Pesavo davvero poco, navigavo dentro pantaloni taglia 10/11 anni e quasi mi sentivo bene, anche se, al tempo stesso, ricordo bene quanto mi facessero soffrire quei molti sguardi di disapprovazione o quei commenti di ragazzi che nel passarmi davanti mi gridavano di mangiare di più.
Ero molto fragile.
Spesso la famiglia si fermava in spiaggia a mangiare. Io, invece, costretta a rimanere a casa dovevo a tutti i costi finire il piatto che la dottoressa mi aveva prescritto.
Mangiavo diversamente da loro, per me quei pasti dovevano essere la cura.
Ricordo che come una bambina mi lamentavo in continuazione. In quelle occasioni avrei voluto saltare i pasti, ma i miei genitori non me lo avrebbero permesso.
Facevo i capricci e per fare loro un dispetto mi rifiutavo persino di prendere i farmaci antidepressivi che il medico mi aveva prescritto come ulteriore aiuto contro l’ansia.
Se la mattina mi alzavo prima dei miei genitori e mi ritrovavo da sola ad affrontare il momento della colazione, ricordo che anche solo due mele e due albicocche, che in quel periodo per me sarebbero state niente, tanto ero in sottopeso, mi destabilizzavano. Immediatamente scoppiavo in un pianto disperato che non conosceva consolazione alcuna. La mia giornata era finita ed io ero ancora una volta “una fallita”.

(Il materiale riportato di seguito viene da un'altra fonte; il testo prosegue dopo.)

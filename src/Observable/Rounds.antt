-- ===== src/Observable/Rounds.antt =====
-- observable/helpers.go: the loop of remove over a slice that it changes, round by round.
use go_toolkits.Base.{
  drop-append, take-append, take_all, ℕ, zero, suc, ◌+◌, ◌-◌, ◌≤◌, ◌<◌, ◌≡◌, refl, ◌∙◌, ap, subst,
  ◌≢◌, true, false, Option, none, some, List, [], ◌∷◌, ◌++◌, arith, ◌==◌, leb, All, length,
  length-append, get_elem?, drop, Option-cases, inl, inr,
}
use go_toolkits.Observable.{Callback, Slice, remove_at, remove_from}

-- The callback is another one than fn.
abbrev pub Other : ℕ → Callback → Type 0
Other fn cb = cb.fn ≢ fn

-- There is a callback, and it is another one.
abbrev pub Passed : ℕ → Option Callback → Type 0
Passed fn none = ⊥
Passed fn (some cb) = Other fn cb

pub get_elem?-All :
    (fn : ℕ) (xs : List Callback) (j : ℕ)
    → All (Other fn) xs
    → j < length xs
    → Passed fn (get_elem? xs j)
get_elem?-All fn [] j a h = omega (arith, h)
get_elem?-All fn (x ∷ xs) zero a h = a.0
get_elem?-All fn (x ∷ xs) (suc j) a h = get_elem?-All fn xs j a.1 (omega (arith, h))

other_false : (a b : ℕ) → a ≢ b → (a == b) ≡ false
other_false a b d = ground arith

same_true : (a b : ℕ) → a ≡ b → (a == b) ≡ true
same_true a b e = ground arith

remove_from_other :
    (fn n i : ℕ) (s : Slice)
    → Passed fn (get_elem? s.array i)
    → remove_from (suc n) fn i s ≡ remove_from n fn (i + 1) s
unfolding remove_from
remove_from_other fn n i s h = elim (Option-cases (get_elem? s.array i)) [
  | inl e ↦ absurd (subst (Passed fn) e h)
  | inr (cb, e) ↦ rw (e, other_false cb.fn fn (subst (Passed fn) e h), remove_from) refl
]

pub remove_from_hit :
    (fn n i : ℕ) (s s' : Slice) (cb : Callback)
    → get_elem? s.array i ≡ some cb
    → cb.fn ≡ fn
    → remove_at i s ≡ some s'
    → remove_from (suc n) fn i s ≡ remove_from n fn (i + 1) s'
unfolding remove_from
remove_from_hit fn n i s s' cb e f r = rw (e, same_true cb.fn fn f, r, remove_from) refl

not_le : (a b : ℕ) → b ≤ a → leb (a + 1) b ≡ false
not_le a b e = ground arith

remove_at_out : (i : ℕ) (s : Slice) → s.len ≤ i → remove_at i s ≡ none
unfolding remove_at
remove_at_out i s h = rw (not_le i s.len h) refl

pub remove_from_end : (fn i : ℕ) (s : Slice) → remove_from 0 fn i s ≡ some s
unfolding remove_from
remove_from_end fn i s = refl

-- A hit at the end of the slice is out of bounds.
pub remove_from_out :
    (fn n i : ℕ) (s : Slice) (cb : Callback)
    → get_elem? s.array i ≡ some cb
    → cb.fn ≡ fn
    → s.len ≤ i
    → remove_from (suc n) fn i s ≡ none
unfolding remove_from
remove_from_out fn n i s cb e f h =
    rw (e, same_true cb.fn fn f, remove_at_out i s h, remove_from) refl

-- The loop goes past other callbacks.
pub remove_from_pass :
    (fn p n i : ℕ) (s : Slice)
    → ((j : ℕ) → i ≤ j → j < i + p → Passed fn (get_elem? s.array j))
    → remove_from (p + n) fn i s ≡ remove_from n fn (i + p) s
remove_from_pass fn zero n i s h =
    ap (λ m. remove_from m fn i s) (omega arith) ∙ ap (λ k. remove_from n fn k s) (omega arith)
remove_from_pass fn (suc p) n i s h =
    ap (λ m. remove_from m fn i s) (omega arith)
    ∙ remove_from_other fn (p + n) i s (h i (omega arith) (omega arith))
    ∙ remove_from_pass fn p n (i + 1) s (λ j a b. h j (omega (arith, a)) (omega (arith, b)))
    ∙ ap (λ k. remove_from n fn k s) (omega arith)

-- The slice after the first hit.
abbrev pub closed_up : List Callback → Callback → List Callback → Slice
closed_up pre cb post = record {
  array = pre ++ (post ++ drop (length post) (cb ∷ post));
  len = length pre + length post;
}

pub remove_at_lem :
    (pre : List Callback) (cb : Callback) (post : List Callback)
    → remove_at (length pre) (record { array = pre ++ cb ∷ post; len = length (pre ++ cb ∷ post) })
      ≡ some (closed_up pre cb post)
unfolding remove_at
remove_at_lem pre cb post =
    let n = length-append pre (cb ∷ post) in
    rw
      (
        take_all (pre ++ cb ∷ post),
        take-append pre (cb ∷ post),
        drop-append pre (cb ∷ post) 1 (length pre + 1) refl,
        drop-append pre (cb ∷ post) (length post) (length (pre ++ cb ∷ post) - 1)
            (omega (arith, n)),
        lt_true (length pre) (length (pre ++ cb ∷ post)) (omega (arith, n)),
      )
      (ap (λ k. some (record { array = pre ++ (post ++ drop (length post) (cb ∷ post)); len = k }))
        (omega (arith, n)))
  where
    lt_true : (a b : ℕ) → a + 1 ≤ b → leb (a + 1) b ≡ true
    lt_true a b h = ground arith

Per fortuna la dottoressa, all’inizio dell’estate, si era resa disponibile per eventuali aggiornamenti, mi aveva dato il suo numero affinché potessi renderla partecipe di tutti gli alti e bassi. Così, nei momenti di crisi la contattavo e lei modificava il mio piano alimentare, tranquillizzandomi su tutto e incentivandomi a continuare a combattere.

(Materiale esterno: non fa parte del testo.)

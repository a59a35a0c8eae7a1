-- ===== src/Observable/Off.antt =====
-- observable/helpers.go: what remove leaves of the callbacks of an event.
use go_toolkits.Base.{
  length-drop, All-drop, get_elem?-append, take-append, ℕ, zero, suc, ◌+◌, ◌-◌, ◌≤◌, ◌<◌, ◌≡◌, refl,
  sym, ◌∙◌, ap, subst, none, some, List, [], ◌∷◌, ◌++◌, arith, All, All-append, length,
  length-append, get_elem?, take, drop, append_assoc,
}
use go_toolkits.Observable.{Callback, Slice, remove_from, remove_all}
use go_toolkits.Observable.Rounds.{
  Other, Passed, closed_up, get_elem?-All, remove_at_lem, remove_from_end, remove_from_hit,
  remove_from_out, remove_from_pass,
}

-- The slice that remove starts with.
abbrev whole : List Callback → Slice
whole cbs = record { array = cbs; len = length cbs }

none_below : (j : ℕ) → ¬ (j < 0)
none_below j h = omega (arith, h)

-- The loop up to its first hit.
remove_from_first :
    (fn : ℕ) (pre : List Callback) (cb : Callback) (post : List Callback)
    → All (Other fn) pre
    → cb.fn ≡ fn
    → remove_from (length (pre ++ cb ∷ post)) fn 0 (whole (pre ++ cb ∷ post))
      ≡ remove_from (length post) fn (length pre + 1) (closed_up pre cb post)
remove_from_first fn pre cb post a f =
    let s = whole (pre ++ cb ∷ post) in
    ap (λ m. remove_from m fn 0 s) (length-append pre (cb ∷ post))
    ∙ remove_from_pass fn (length pre) (suc (length post)) 0 s
        (λ j l h. passed j (omega (arith, h)))
    ∙ ap (λ k. remove_from (suc (length post)) fn k s) (omega arith)
    ∙ remove_from_hit fn (length post) (length pre) s (closed_up pre cb post) cb
        (get_elem?-append pre (cb ∷ post) 0 (length pre) (omega arith)) f
        (remove_at_lem pre cb post)
  where
    before :
        (xs ys : List Callback) (j : ℕ)
        → All (Other fn) xs
        → j < length xs
        → Passed fn (get_elem? (xs ++ ys) j)
    before [] ys j a h = absurd (none_below j h)
    before (x ∷ xs) ys zero a h = a.0
    before (x ∷ xs) ys (suc j) a h = before xs ys j a.1 (omega (arith, h))

    passed : (j : ℕ) → j < length pre → Passed fn (get_elem? (pre ++ cb ∷ post) j)
    passed j h = before pre (cb ∷ post) j a h

-- What the loop sees behind the place of the first hit: the callbacks that moved down, and the last
-- one once more.
abbrev seen : Callback → List Callback → List Callback
seen cb post = post ++ drop (length post) (cb ∷ post)

length_last : (cb : Callback) (post : List Callback) → length (drop (length post) (cb ∷ post)) ≡ 1
length_last cb [] = refl
length_last cb (x ∷ post) = length_last x post

get_elem?-drop :
    (xs : List Callback) (j k : ℕ) → j ≡ k + 1 → get_elem? xs j ≡ get_elem? (drop 1 xs) k
get_elem?-drop [] j k e = refl
get_elem?-drop (x ∷ xs) j k e = ap (get_elem? (x ∷ xs)) (e ∙ plus_one)
  where
    plus_one : k + 1 ≡ suc k
    plus_one = omega arith

-- If no other callback after the first is seen to be fn, only that one goes.
remove_all-first :
    (fn : ℕ) (pre : List Callback) (cb : Callback) (post : List Callback)
    → All (Other fn) pre
    → cb.fn ≡ fn
    → All (Other fn) (drop 1 (seen cb post))
    → remove_all fn (pre ++ cb ∷ post) ≡ some (pre ++ post)
unfolding remove_all
remove_all-first fn pre cb post a f b = rw (ends, remove_all) (ap some taken)
  where
    many : length (seen cb post) ≡ length post + 1
    many = omega (arith, length-append post (drop (length post) (cb ∷ post)), length_last cb post)

    passed :
        (j : ℕ)
        → length pre + 1 ≤ j
        → j < length pre + 1 + length post
        → Passed fn (get_elem? (closed_up pre cb post).array j)
    passed j l h =
        subst (Passed fn)
          (sym (
            get_elem?-append pre (seen cb post) (j - length pre) j (omega (arith, l))
            ∙ get_elem?-drop (seen cb post) (j - length pre) (j - length pre - 1)
                (omega (arith, l))))
          (get_elem?-All fn (drop 1 (seen cb post)) (j - length pre - 1) b
            (omega (arith, l, h, many, length-drop 1 (seen cb post))))

    ends :
        remove_from (length (pre ++ cb ∷ post)) fn 0 (whole (pre ++ cb ∷ post))
        ≡ some (closed_up pre cb post)
    ends =
        remove_from_first fn pre cb post a f
        ∙ ap (λ m. remove_from m fn (length pre + 1) (closed_up pre cb post)) (omega arith)
        ∙ remove_from_pass fn (length post) 0 (length pre + 1) (closed_up pre cb post) passed
        ∙ remove_from_end fn (length pre + 1 + length post) (closed_up pre cb post)

    taken :
        take (length pre + length post) (pre ++ (post ++ drop (length post) (cb ∷ post)))
        ≡ pre ++ post
    taken =
        ap (λ xs. take (length pre + length post) xs) (sym (append_assoc pre post _))
        ∙ ap (λ k. take k ((pre ++ post) ++ drop (length post) (cb ∷ post)))
            (sym (length-append pre post))
        ∙ take-append (pre ++ post) _

drop_last-All :
    (fn : ℕ) (cb : Callback) (post : List Callback)
    → All (Other fn) post
    → All (Other fn) (drop 1 (seen cb post))
drop_last-All fn cb [] a = tt
drop_last-All fn cb (x ∷ post) a =
    All-append (Other fn) post _ a.1 (All-drop (Other fn) (length post) (x ∷ post) a)

-- A callback that is registered once for the event is taken off, and the others stay as they are,
-- in their order.
pub remove_all_once :
    (fn : ℕ) (pre : List Callback) (cb : Callback) (post : List Callback)
    → All (Other fn) pre
    → cb.fn ≡ fn
    → All (Other fn) post
    → remove_all fn (pre ++ cb ∷ post) ≡ some (pre ++ post)
remove_all_once fn pre cb post a f b =
    remove_all-first fn pre cb post a f (drop_last-All fn cb post b)

-- Of a callback that was registered twice in a row, with others behind it, the second stays.
pub remove_all_twice :
    (fn : ℕ) (pre : List Callback) (cb cb' x : Callback) (post : List Callback)
    → All (Other fn) pre
    → cb.fn ≡ fn
    → cb'.fn ≡ fn
    → All (Other fn) (x ∷ post)
    → remove_all fn (pre ++ cb ∷ cb' ∷ x ∷ post) ≡ some (pre ++ cb' ∷ x ∷ post)
remove_all_twice fn pre cb cb' x post a f g b =
    remove_all-first fn pre cb (cb' ∷ x ∷ post) a f
      (b.0, All-append (Other fn) post _ b.1 (All-drop (Other fn) (length post) (x ∷ post) b))

-- If a callback that was registered twice in a row stands last, taking it off panics.
pub remove_all_last :
    (fn : ℕ) (pre : List Callback) (cb cb' : Callback)
    → All (Other fn) pre
    → cb.fn ≡ fn
    → cb'.fn ≡ fn
    → remove_all fn (pre ++ cb ∷ cb' ∷ []) ≡ none
unfolding remove_all
remove_all_last fn pre cb cb' a f g = rw (out, remove_all) refl
  where
    out : remove_from (length (pre ++ cb ∷ cb' ∷ [])) fn 0 (whole (pre ++ cb ∷ cb' ∷ [])) ≡ none
    out =
        remove_from_first fn pre cb (cb' ∷ []) a f
        ∙ remove_from_out fn 0 (length pre + 1) (closed_up pre cb (cb' ∷ [])) cb'
            (get_elem?-append pre (cb' ∷ cb' ∷ []) 1 (length pre + 1) refl) g (omega arith)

La premura e la presenza di tutta la mia famiglia quell’estate furono per me essenziali; mi permisero, tra uno sforzo e l’altro, di superare quel momento particolarmente critico e iniziare così a mangiare il minimo che mi avrebbe consentito di non perdere ulteriore peso e lentamente morire. La dottoressa era stata chiara, se non avesse funzionato, mi avrebbero ricoverato.